Brain-specific angiogenesis inhibitor 1-associated protein 2 gene associates with executive functions in Han Chinese children with attention deficit/hyperactivity disorder
10.3760/cma.j.cn113661-20231027-00163
- VernacularTitle:脑特异性血管发生抑制剂1相关蛋白2基因与中国汉族注意缺陷多动障碍儿童执行功能的关联分析
- Author:
Haimei LI
1
;
Pei LIU
;
Ningning LIU
;
Lu LIU
;
Yufeng WANG
;
Qiujin QIAN
Author Information
1. 北京大学第六医院 北京大学精神卫生研究所 国家卫生健康委员会精神卫生学重点实验室(北京大学)国家精神心理疾病临床医学研究中心(北京大学第六医院),北京 100191
- Publication Type:Journal Article
- Keywords:
Attention deficit disorder with hyperactivity;
Brain-specific angiogenesis inhibitor 1-associated protein 2;
Executive function;
Association analysis
- From:
Chinese Journal of Psychiatry
2024;57(11):721-728
- CountryChina
- Language:Chinese
-
Abstract:
Objective:To investigate the associations between several single nucleotide polymorphisms (SNPs) at BAIAP2 with executive functions in patients with attention deficit/hyperactivity disorder (ADHD) and in healthy control subjects. To investigate if these associations are sex-specific and/or subtype-specific. Methods:A total of 929 Han Chinese youths with DSM-Ⅳ ADHD were recruited from the outpatient department of Peking University Sixth Hospital from May 2005 to January 2011, and 161 unaffected controls were recruited from the primary and secondary schools in Beijing from January 2005 to January 2010. All subjects were rated for the clinical information and executive functions based on laboratory examinations, such as inhibition, working memory, and set shifting.
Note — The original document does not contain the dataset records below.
-- ===== src/Threads/Paused.antt =====
-- A goroutine that takes some steps of its call and is then left where it is.
use touchvault.Base.{
  ℕ, ap, List, [], ◌∷◌, ◌++◌, zero, suc, Option, some, none, ◌≡◌, ◌≢◌, refl, arith, ◌∙◌, sym,
}
use touchvault.Effects.Programs.{Prog, done, tick, run}
use touchvault.Threads.{waits, runs, System, Event, calls, begin, go, start_call, turn, turns}
use touchvault.Threads.Progress.{only, only-suc, go-waits, go-tick, runs_out, turns-append}

-- What is left after a number of steps, and the state, unless that is more steps than there are.
unfoldable pub peel : {S A : Type 0} → ℕ → Prog S A → S → Option (Prog S A × S)
peel zero p s = some (p, s)
peel (suc n) (done r) s = none
peel (suc n) (tick f k) s = peel n (k s) (f s)

module _ {S O A : Type 0} (mutex_of : O → ℕ) (body : O → Prog S A) where
  -- A goroutine is past the `Lock`, with the rest of its call before it.
  pub record Paused (i : ℕ) (o : O) (y z : System S O A) (p : Prog S A) (s : S) : Type 0 where
    pub inside : z.thread i ≡ runs o p
    pub others : (j : ℕ) → j ≢ i → z.thread j ≡ y.thread j
    pub holders : (m : ℕ) → m ≢ mutex_of o → z.holder m ≡ y.holder m
    pub logged : z.log ≡ y.log
    pub changed : z.shared ≡ s

  go-tick-others :
      (i : ℕ) (o : O) (f : S → S) (k : S → Prog S A) (y : System S O A) (j : ℕ)
      → j ≢ i
      → (go mutex_of body i (runs o (tick f k)) y).thread j ≡ y.thread j
  unfolding go
  go-tick-others i o f k y j ne = ground (arith)

  ticks :
      (n : ℕ) (r : Prog S A) (i : ℕ) (o : O) (y : System S O A) {p : Prog S A} {s : S}
      → y.thread i ≡ runs o r
      → peel n r y.shared ≡ some (p, s)
      → Paused i o y (turns mutex_of body (only n i) y) p s
  unfolding peel only turns go
  ticks zero r i o y e h = record {
    inside = ground (arith);
    others = λ j ne. refl;
    holders = λ m ne. refl;
    logged = refl;
    changed = ground (arith);
  }
  ticks (suc n) (done r) i o y e h = absurd (ground (arith))
  ticks (suc n) (tick f k) i o y {p} {s} e h =
      let z = go mutex_of body i (runs o (tick f k)) y in
      let rest = ticks n (k y.shared) i o z (go-tick mutex_of body i o f k y) h in
      rw (only-suc mutex_of body n i (runs o (tick f k)) y e) (record {
        inside = rest.inside;
        others = λ j ne. rest.others j ne ∙ go-tick-others i o f k y j ne;
        holders = rest.holders;
        logged = rest.logged;
        changed = rest.changed;
      })

  go-waits-holders :
      (i : ℕ) (o : O) (y : System S O A) (m : ℕ)
      → y.holder (mutex_of o) ≡ none
      → m ≢ mutex_of o
      → (go mutex_of body i (waits o) y).holder m ≡ y.holder m
  unfolding go
  go-waits-holders i o y m free ne = rw (free, go) (ground (arith))

  -- A goroutine locks a mutex that is free, takes a number of steps, and pauses.
  pub pauses :
      (n i : ℕ) (o : O) (y : System S O A) {p : Prog S A} {s : S}
      → y.thread i ≡ waits o
      → y.holder (mutex_of o) ≡ none
      → peel n (body o) y.shared ≡ some (p, s)
      → Paused i o y (turns mutex_of body (only (suc n) i) y) p s
  pauses n i o y {p} {s} e free h =
      let z = go mutex_of body i (waits o) y in
      let (inside, same, threads, logged) = go-waits mutex_of body i o y free in
      let rest = ticks n (body o) i o z inside (rw same h) in
      rw (only-suc mutex_of body n i (waits o) y e) (record {
        inside = rest.inside;
        others = λ j ne. rest.others j ne ∙ threads j ne;
        holders = λ m ne. rest.holders m ne ∙ go-waits-holders i o y m free ne;
        logged = rest.logged ∙ logged;
        changed = rest.changed;
      })

  -- Two calls of two goroutines whose mutexes differ. The first takes some steps and pauses, the
  -- second takes some and pauses; then the first runs out, and then the second. What they leave.
  pub overlap :
      (o q : O) (n k : ℕ) (s : S) {p₁ p₂ : Prog S A} {s₁ s₂ : S}
      → mutex_of o ≢ mutex_of q
      → peel n (body o) s ≡ some (p₁, s₁)
      → peel k (body q) s₁ ≡ some (p₂, s₂)
      → (es : List (Event O)) × (let t = run p₁ s₂ in
          let u = run p₂ t.1 in
          let y = turns mutex_of body es (begin s) in
          (y.shared ≡ u.1) × (y.log ≡ (1, q, u.0) ∷ (0, o, t.0) ∷ []))
  unfolding turn turns start_call
  overlap o q n k s {p₁} {p₂} {s₁} {s₂} differ h₁ h₂ =
      let y₀ = turn mutex_of body (calls 1 q) (turn mutex_of body (calls 0 o) (begin s)) in
      let y₁ = turns mutex_of body (only (suc n) 0) y₀ in
      let y₂ = turns mutex_of body (only (suc k) 1) y₁ in
      let a₁ = pauses n 0 o y₀ refl refl h₁ in
      let a₂ : Paused 1 q y₁ y₂ p₂ s₂ =
        pauses k 1 q y₁ (a₁.others 1 (λ h. omega (arith, h)))
          (a₁.holders (mutex_of q) (λ h. differ (sym h))) (rw a₁.changed h₂) in
      let (c, b₁) =
        runs_out mutex_of body p₁ 0 o y₂ (a₂.others 0 (λ h. omega (arith, h)) ∙ a₁.inside) in
      let y₃ = turns mutex_of body (only c 0) y₂ in
      let (d, b₂) =
        runs_out mutex_of body p₂ 1 q y₃ (b₁.others 1 (λ h. omega (arith, h)) ∙ a₂.inside) in
      let y₄ = turns mutex_of body (only d 1) y₃ in
      let last : List (Event O) = only c 0 ++ only d 1 in
      let whole : turns mutex_of body (only (suc n) 0 ++ (only (suc k) 1 ++ last)) y₀ ≡ y₄ =
        turns-append mutex_of body (only (suc n) 0) (only (suc k) 1 ++ last) y₀
        ∙ turns-append mutex_of body (only (suc k) 1) last y₁
        ∙ turns-append mutex_of body (only c 0) (only d 1) y₂ in
      (
        calls 0 o ∷ calls 1 q ∷ (only (suc n) 0 ++ (only (suc k) 1 ++ last)),
        (
          ap (λ (y : System S O A). y.shared) whole ∙ rw (b₁.changed, a₂.changed) at b₂.changed,
          ap (λ (y : System S O A). y.log) whole
              ∙ rw (b₁.logged, b₁.changed, a₂.changed, a₂.logged, a₁.logged) at b₂.logged,
        ),
      )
Four SNPs of BAIAP2 were chosen and genotyped using TaqMan TM real-time PCR assays. Analysis of covariance (ANCOVA) were conducted, with gender, age and IQ as covariates, to compare executive functions between children with ADHD and normal controls, and to explore the association of BAIAP2 SNPs with executive functions of ADHD subjects (total samples and sex/subtype stratified samples) and unaffected controls. Results:Compared to unaffected controls, children with ADHD performed significantly worse in inhibition ( F=11.64, 26.50, P≤0.001) and set shifting ( F=25.68, P<0.001). In unaffected controls, there was no correlation between any BAIAP2 SNPs and executive functions. In ADHD cases, rs4969239 was significantly associated with set shifting times, with G allele carriers used longer time than others and had a worse set shifting function (B=-17.55, F=7.13, P=0.008), and rs9901648 was significantly associated with color interference time, with AA genotype carriers used longer time than others and had a worse inhibition function (B=1.82, F=8.84, P=0.003). In further analysis, the association between rs9901648 and color interference only existed in male participants with ADHD ( F=11.33, P=0.001). Conclusions:BAIAP2 gene possibly contributes to the set shifting and inhibition impairment in children with ADHD, but not in unaffected controls. In addition, the association between BAIAP2 gene and inhibition mainly exists in male children with ADHD.